I set my glass next to Colton's and turn in his arms, gazing up at him with desire. Then I fall to my knees in front of him and start unbuckling his pants. His body tenses for a minute, and I see a flash of excitement in his expression. I'm happy that I can surprise him like this. He totally didn't see this coming. To be honest, neither did I, but I'm enjoying being adventurous.
My heart pounds in my chest as I pull his hard cock out of his slacks. This will be the first blowjob that I've ever given, and I'm more than a little terrified that I'm going to mess it up. What's worse is I don't even really have a reference to go by. I've avoided reading articles about sex and watching porn ever since I realized what a horrible thing sex can be. Now I'm having to act on pure instinct.
It's not rocket science, Ember. Just stick it in your mouth and suck.
I try not to look too inexperienced as I take a deep breath and start kissing down his length. Colton's skin feels like velvet beneath my lips,
a stark contrast to the thickness beneath. I close my eyes and let my passion for him move me. My lips explore him and then my tongue follows suit.
I must be doing something right because every once in a while, Colton moans. He slips his fingers into my hair, more resting his hand there than guiding me.
After kissing and licking every inch of him, I take him into my mouth. His girth makes my jaw ache a bit, but I'm not about to give up because of a little discomfort. I work my muscles around him, bobbing my head back and forth. His grip tightens on my hair, and he bucks his hips every now and then, but for the most part, he gives me control. I'm glad that he's patient with me. Glad that he sounds like he's enjoying it.
I stay on my knees for a good ten minutes, listening to the seductive little pleasure noises he makes. I never imagined I could be so turned on from hearing a man moan, but it has definitely gotten my juices flowing. Blowing him is surprisingly sexy. I had honestly thought that it would be something I'd hate doing. Knowing that it feels so good to him makes me want to keep going. My jaw is getting too sore, though, and I'm ready to move on to other things.

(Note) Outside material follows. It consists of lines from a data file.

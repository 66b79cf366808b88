-- ===== src/Auth.antt =====
-- apps/api/src/auth/auth.service.ts: registration, sign-in, the account and its deletion, over the
-- tables of the workspaces. Columns of preferences are left out.
pub mod Deletion
pub mod Effects
pub mod Sessions
mod Tests
use contractor_reviewer.Entities.{Role, owner, User, WorkspaceMember, member_key, user_key}
use contractor_reviewer.Workspace.{Runtime, Tables, Db, Fresh, is_owner, is_empty}
use contractor_reviewer.Workspace.Invitations.{normalize_email}
use contractor_reviewer.Repository.Loops.{remove_all}
use contractor_reviewer.Common.{
  String, Bool, true, false, not, ◌&&◌, List, Option, none, some, eqb, length, any, if◌then◌else◌,
  ◌==◌,
}
use Prim.Native.String.{◌++◌}

-- The exceptions, one for each `throw`.
pub data Error : Type 0 where
  email_taken invalid_credentials only_owner : Error

pub data Result (A : Type 0) : Type 0 where
  ok : A → Result A
  err : Error → Result A

-- What the service calls: bcrypt and MD5, the token that JwtService signs for an id and an e-mail
-- address, and whether AssetManagerService has an avatar of a user.
pub record Services : Type 0 where
  pub runtime : Runtime
  pub compare : (password hash : String) → Bool
  pub md5 : String → String
  pub sign : (sub email : String) → String
  pub has_avatar : String → Bool

pub record RegisterDto : Type 0 where
  pub email : String
  pub password : String
  pub name : Option String

-- A user as the API shows it, without the hash of the password.
pub record ApiUser : Type 0 where
  pub id : String
  pub email : String
  pub name : Option String
  pub avatar_url : String

-- What `register` and `login` return.
pub record Session : Type 0 where
  pub user : ApiUser
  pub access_token : String

pub record Account : Type 0 where
  pub user : ApiUser
  pub is_owner_in_any_workspace : Bool

module _ (S : Services) where
  abbrev get_gravatar_url : String → String
  get_gravatar_url email =
      "https://www.gravatar.com/avatar/"
      ++ (S.md5 (S.runtime.to_lower_case (S.runtime.trim email)) ++ "?s=200&d=identicon")

  abbrev pub serialize_user_with_avatar : User → ApiUser
  serialize_user_with_avatar u = record {
    id = u.id;
    email = u.email;
    name = u.name;
    avatar_url = if S.has_avatar u.id then "account/avatar" else get_gravatar_url u.email;
  }

  abbrev pub session : User → Session
  session u = record { user = serialize_user_with_avatar u; access_token = S.sign u.id u.email }

  module _ (T : Tables) where
    abbrev pub has_email : String → User → Bool
    has_email email u = u.email == email

    abbrev pub has_id : String → User → Bool
    has_id id u = u.id == id

    abbrev pub new_user : Fresh → RegisterDto → User
    new_user f dto = record {
      id = f.user_id;
      email = dto.email;
      name = dto.name;
      password_hash = S.runtime.hash dto.password;
      is_active = true;
    }

    unfoldable pub register : Fresh → RegisterDto → Db T → Result Session × Db T
    register f dto db = elim (T.users.find_one (has_email dto.email) db.users) [
      | some u ↦ (err email_taken, db)
      | none ↦
          let u = new_user f dto in (ok (session u), record db { users = T.users.save u db.users })
    ]

    -- Whether the user may sign in with the password.
    abbrev pub checked : String → Option User → Option User
    checked password none = none
    checked password (some u) =
        if not u.is_active
        then none
        else if S.compare password u.password_hash
        then some u
        else none

    unfoldable pub validate_user : Option String → String → Db T → Option User
    validate_user email password db =
        let normalized = normalize_email S.runtime T email in
        if is_empty normalized
        then none
        else checked password (T.users.find_one (has_email normalized) db.users)

    unfoldable pub login : Option String → String → Db T → Result Session
    login email password db = elim (validate_user email password db) [
      | none ↦ err invalid_credentials
      | some u ↦ ok (session u)
    ]

    abbrev pub owns : String → WorkspaceMember → Bool
    owns user m = m.user_id == user && is_owner m.role

    -- `exists({ where: { userId, role: OWNER } })`
    abbrev has_owner_role : String → Db T → Bool
    has_owner_role user db = elim (T.members.find_one (owns user) db.members) [
      | none ↦ false
      | some m ↦ true
    ]

    unfoldable pub get_account : String → Db T → Option Account
    get_account user db = elim (T.users.find_one (has_id user) db.users) [
      | none ↦ none
      | some u ↦
          if not u.is_active
          then none
          else some (record {
            user = serialize_user_with_avatar u;
            is_owner_in_any_workspace = has_owner_role user db;
          })
    ]

    unfoldable pub find_by_id : String → Db T → Option User
    find_by_id id db = T.users.find_one (has_id id) db.users

    abbrev pub owner_in : String → WorkspaceMember → Bool
    owner_in ws m = m.workspace_id == ws && is_owner m.role

    -- `ownersCount === 1`, counted for the workspace of the membership.
    abbrev pub is_only_owner : Db T → WorkspaceMember → Bool
    is_only_owner db m = eqb (length (T.members.find (owner_in m.workspace_id) db.members)) 1

    -- The user's memberships, as the relation `workspaceMemberships` loads them.
    abbrev pub memberships : String → Db T → List WorkspaceMember
    memberships user db = T.members.find (λ m. m.user_id == user) db.members

    abbrev pub deactivate : User → Db T → Db T
    deactivate u db = record db { users = T.users.save (record u { is_active = false }) db.users }

    -- `remove` on the memberships and then on the user. Rows of other tables that go with a user by
    -- ON DELETE CASCADE, such as the user's storage settings and onboarding, are not in `Tables`.
    abbrev pub remove_user : User → Db T → Db T
    remove_user u db = record db {
      members = remove_all member_key T.members (memberships u.id db) db.members;
      users = T.users.remove u db.users;
    }

    unfoldable pub delete_account : String → Db T → Result Bool × Db T
    delete_account user db = elim (T.users.find_one (has_id user) db.users) [
      | none ↦ (ok false, db)
      | some u ↦
          if any (is_only_owner db) (T.members.find (owns user) db.members)
          then (err only_owner, deactivate u db)
          else (ok true, remove_user u db)
    ]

I stand, and Colton immediately scoops me up in his arms, carrying me into the bedroom before throwing me onto the bed. I laugh as I bounce on the mattress. He crawls over me like a tiger stalking prey. It's not long before he's silencing me with kisses and I'm lost in the euphoria of the moment.
I peel his shirt over his head, wanting to feel and see his hard body. The urgency with which we strip each other down turns into a contest. It's like someone turned a burner on from low to high in one twist. The passion ignited between us is unlike anything I've felt before.
There's no slow seduction this time. No making sure that I'm okay. Of course, my body language tells Colton that I'm perfectly fine. More than fine. I want him. There's no hesitation in my actions whatsoever.
Within minutes, he's inside of me. I cry out as he goes deep on the first thrust. My back presses into the mattress while he grinds on top of me, his pubic bone crushing into my clit and causing me to shatter around him. The fact that I came so quickly brings a blush to my cheeks. Shooting off in less than ten seconds is supposed to be a teenage boy thing, but I can't seem to control myself around him.